-- ===== src/Heap/Segs.antt =====
-- The two lists of heap.c: the blocks that follow one another in memory, and the chain of the free
-- ones, as segments from one address to another.
use apsyde.Heap.State.{header_size, write}
use apsyde.Common.{
  ℕ, suc, ◌+◌, ◌*◌, ◌≤◌, ◌<◌, ◌≡◌, refl, sym, ap, ◌∙◌, ◌≢◌, inl, inr, List, [], ◌∷◌, ◌++◌, arith,
  ◌==◌, if◌then◌else◌, ==_iff, ==_refl, ==_ne, Bool-cases, length,
}

unfoldable pub occurs : ℕ → List ℕ → ℕ
occurs x [] = 0
occurs x (y ∷ ys) = (if x == y then 1 else 0) + occurs x ys

-- The blocks at these addresses fill the memory from `a` to `e`.
abbrev pub Tiles : (ℕ → ℕ) → ℕ → List ℕ → ℕ → Type 0
Tiles size a [] e = a ≡ e
Tiles size a (b ∷ bs) e = (b ≡ a) × Tiles size (b + header_size + size b) bs e

-- The pointers lead from `p` through these addresses to `q`.
abbrev pub Chain : (ℕ → ℕ) → ℕ → List ℕ → ℕ → Type 0
Chain next p [] q = p ≡ q
Chain next p (f ∷ fs) q = (p ≡ f) × (f ≢ 0) × Chain next (next f) fs q

-- The last address of the list, or `p`.
abbrev pub last_or : ℕ → List ℕ → ℕ
last_or p [] = p
last_or p (x ∷ xs) = last_or x xs

abbrev pub AllOnce : List ℕ → Type 0
AllOnce xs = (x : ℕ) → occurs x xs ≤ 1

pub occurs-append : (x : ℕ) (xs ys : List ℕ) → occurs x (xs ++ ys) ≡ occurs x xs + occurs x ys
unfolding occurs
occurs-append x [] ys = omega arith
occurs-append x (y ∷ xs) ys = omega (arith, occurs-append x xs ys)

pub occurs_self : (x : ℕ) (xs : List ℕ) → occurs x (x ∷ xs) ≡ suc (occurs x xs)
unfolding occurs
occurs_self x xs = ground (arith, ==_refl x)

pub occurs-cons : (x y : ℕ) (xs : List ℕ) → occurs x xs ≤ occurs x (y ∷ xs)
unfolding occurs
occurs-cons x y xs = omega arith

pub occurs-ne : (x y : ℕ) (xs : List ℕ) → x ≢ y → occurs x (y ∷ xs) ≡ occurs x xs
unfolding occurs
occurs-ne x y xs h = ground (arith, ==_ne x y h)

pub occurs-last_or : (p : ℕ) (xs : List ℕ) → 0 < occurs (last_or p xs) (p ∷ xs)
occurs-last_or p [] = omega (arith, occurs_self p [])
occurs-last_or p (x ∷ xs) =
    omega (arith, occurs-last_or x xs, occurs-cons (last_or x xs) p (x ∷ xs))

-- The list around one of its elements.
pub occurs-split :
    (x : ℕ) (bs : List ℕ) → 0 < occurs x bs → (xs : List ℕ) × (ys : List ℕ) × (bs ≡ xs ++ (x ∷ ys))
unfolding occurs
occurs-split x [] h = absurd (omega arith)
occurs-split x (b ∷ bs) h = elim (Bool-cases (x == b)) [
  | inl e ↦ ([], bs, ap (λ t. t ∷ bs) (sym ((==_iff x b).0 e)))
  | inr e ↦ let r = occurs-split x bs (ground (arith, h, e)) in (b ∷ r.0, r.1, ap (λ l. b ∷ l) r.2)
]

pub write_self : (f : ℕ → ℕ) (a v : ℕ) → write f a v a ≡ v
write_self f a v = rw (==_refl a) refl

pub write-ne : (f : ℕ → ℕ) (a v x : ℕ) → x ≢ a → write f a v x ≡ f x
write-ne f a v x h = rw (==_ne x a h) refl

-- Segments in a row are one segment, and a segment is cut anywhere.
pub Tiles-append :
    (size : ℕ → ℕ) (a : ℕ) (xs : List ℕ) (m : ℕ) (ys : List ℕ) (e : ℕ)
    → Tiles size a xs m
    → Tiles size m ys e
    → Tiles size a (xs ++ ys) e
Tiles-append size a [] m ys e h k = rw h k
Tiles-append size a (x ∷ xs) m ys e h k =
    (h.0, Tiles-append size (x + header_size + size x) xs m ys e h.1 k)

pub Tiles-split :
    (size : ℕ → ℕ) (a : ℕ) (xs ys : List ℕ) (e : ℕ)
    → Tiles size a (xs ++ ys) e
    → (m : ℕ) × Tiles size a xs m × Tiles size m ys e
Tiles-split size a [] ys e h = (a, refl, h)
Tiles-split size a (x ∷ xs) ys e h =
    let r = Tiles-split size (x + header_size + size x) xs ys e h.1 in (r.0, (h.0, r.1), r.2)

pub Tiles-le :
    (size : ℕ → ℕ) (a : ℕ) (bs : List ℕ) (e : ℕ)
    → Tiles size a bs e
    → a + header_size * length bs ≤ e
Tiles-le size a [] e h = omega (arith, h)
Tiles-le size a (b ∷ bs) e h = omega (arith, h.0, Tiles-le size (b + header_size + size b) bs e h.1)

-- No block starts outside of the segment.
pub Tiles-below :
    (size : ℕ → ℕ) (a : ℕ) (bs : List ℕ) (e x : ℕ) → Tiles size a bs e → x < a → occurs x bs ≡ 0
unfolding occurs
Tiles-below size a [] e x h l = refl
Tiles-below size a (b ∷ bs) e x h l = ground (
  arith,
  ==_ne x b (λ q. omega (arith, q, h.0, l)),
  Tiles-below size (b + header_size + size b) bs e x h.1 (omega (arith, h.0, l)),
)

pub Tiles-above :
    (size : ℕ → ℕ) (a : ℕ) (bs : List ℕ) (e x : ℕ) → Tiles size a bs e → e ≤ x → occurs x bs ≡ 0
unfolding occurs
Tiles-above size a [] e x h l = refl
Tiles-above size a (b ∷ bs) e x h l = ground (
  arith,
  ==_ne x b (λ q. omega (arith, q, l, Tiles-le size a (b ∷ bs) e h)),
  Tiles-above size (b + header_size + size b) bs e x h.1 l,
)

pub Tiles-AllOnce : (size : ℕ → ℕ) (a : ℕ) (bs : List ℕ) (e : ℕ) → Tiles size a bs e → AllOnce bs
unfolding occurs
Tiles-AllOnce size a [] e h x = omega arith
Tiles-AllOnce size a (b ∷ bs) e h x = elim (Bool-cases (x == b)) [
  | inl q ↦
      let x_is : x ≡ b = (==_iff x b).0 q in
      ground (arith, Tiles-below size (b + header_size + size b) bs e x h.1 (omega (arith, x_is)))
  | inr q ↦ ground (arith, q, Tiles-AllOnce size (b + header_size + size b) bs e h.1 x)
]

-- A header written at an address that is not in the segment leaves the segment.
pub Tiles-write :
    (size : ℕ → ℕ) (y v a : ℕ) (bs : List ℕ) (e : ℕ)
    → occurs y bs ≡ 0
    → Tiles size a bs e
    → Tiles (write size y v) a bs e
unfolding occurs
Tiles-write size y v a [] e n h = h
Tiles-write size y v a (b ∷ bs) e n h = elim (Bool-cases (b == y)) [
  | inl q ↦ absurd (ground (arith, q, n))
  | inr q ↦
      (h.0, rw q (Tiles-write size y v (b + header_size + size b) bs e (omega (arith, n)) h.1))
]

pub Chain-append :
    (next : ℕ → ℕ) (p : ℕ) (xs : List ℕ) (m : ℕ) (ys : List ℕ) (q : ℕ)
    → Chain next p xs m
    → Chain next m ys q
    → Chain next p (xs ++ ys) q
Chain-append next p [] m ys q h k = rw h k
Chain-append next p (x ∷ xs) m ys q h k = (h.0, h.1, Chain-append next (next x) xs m ys q h.2 k)

pub Chain-split :
    (next : ℕ → ℕ) (p : ℕ) (xs ys : List ℕ) (q : ℕ)
    → Chain next p (xs ++ ys) q
    → (m : ℕ) × Chain next p xs m × Chain next m ys q
Chain-split next p [] ys q h = (p, refl, h)
Chain-split next p (x ∷ xs) ys q h =
    let r = Chain-split next (next x) xs ys q h.2 in (r.0, (h.0, h.1, r.1), r.2)

pub Chain-write :
    (next : ℕ → ℕ) (y v p : ℕ) (fs : List ℕ) (q : ℕ)
    → occurs y fs ≡ 0
    → Chain next p fs q
    → Chain (write next y v) p fs q
unfolding occurs
Chain-write next y v p [] q n h = h
Chain-write next y v p (f ∷ fs) q n h = elim (Bool-cases (f == y)) [
  | inl t ↦ absurd (ground (arith, t, n))
  | inr t ↦ (
    h.0,
    h.1,
    rw (write-ne next y v f (λ e. ground (arith, t, e)))
        (Chain-write next y v (next f) fs q (omega (arith, n)) h.2),
  )
]

-- The last pointer of a segment is turned to `v`.
pub Chain-last :
    (next : ℕ → ℕ) (v y : ℕ) (ys : List ℕ) (q : ℕ)
    → AllOnce (y ∷ ys)
    → Chain next (next y) ys q
    → Chain (write next (last_or y ys) v) (write next (last_or y ys) v y) ys v
Chain-last next v y [] q once h = write_self next y v
Chain-last next v y (x ∷ xs) q once h =
    let far : y ≢ last_or x xs = λ e. omega (
      arith,
      once (last_or x xs),
      occurs-last_or x xs,
      occurs_self (last_or x xs) (x ∷ xs),
      ap (λ t. occurs (last_or x xs) (t ∷ (x ∷ xs))) e,
    ) in
    let here : write next (last_or x xs) v y ≡ next y = write-ne next (last_or x xs) v y far in
    (
      here ∙ h.0,
      h.1,
      Chain-last next v x xs q (λ z. omega (arith, once z, occurs-cons z y (x ∷ xs))) h.2,
    )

....

Exercise aim :: Nothing past the line containing "Tiles size a [] e = a ≡ e" should be restated; transcribe the material exactly from its first line through that line.

Answer ::
-- ===== src/Heap/Segs.antt =====
-- The two lists of heap.c: the blocks that follow one another in memory, and the chain of the free
-- ones, as segments from one address to another.
use apsyde.Heap.State.{header_size, write}
use apsyde.Common.{
  ℕ, suc, ◌+◌, ◌*◌, ◌≤◌, ◌<◌, ◌≡◌, refl, sym, ap, ◌∙◌, ◌≢◌, inl, inr, List, [], ◌∷◌, ◌++◌, arith,
  ◌==◌, if◌then◌else◌, ==_iff, ==_refl, ==_ne, Bool-cases, length,
}

unfoldable pub occurs : ℕ → List ℕ → ℕ
occurs x [] = 0
occurs x (y ∷ ys) = (if x == y then 1 else 0) + occurs x ys

-- The blocks at these addresses fill the memory from `a` to `e`.
abbrev pub Tiles : (ℕ → ℕ) → ℕ → List ℕ → ℕ → Type 0
Tiles size a [] e = a ≡ e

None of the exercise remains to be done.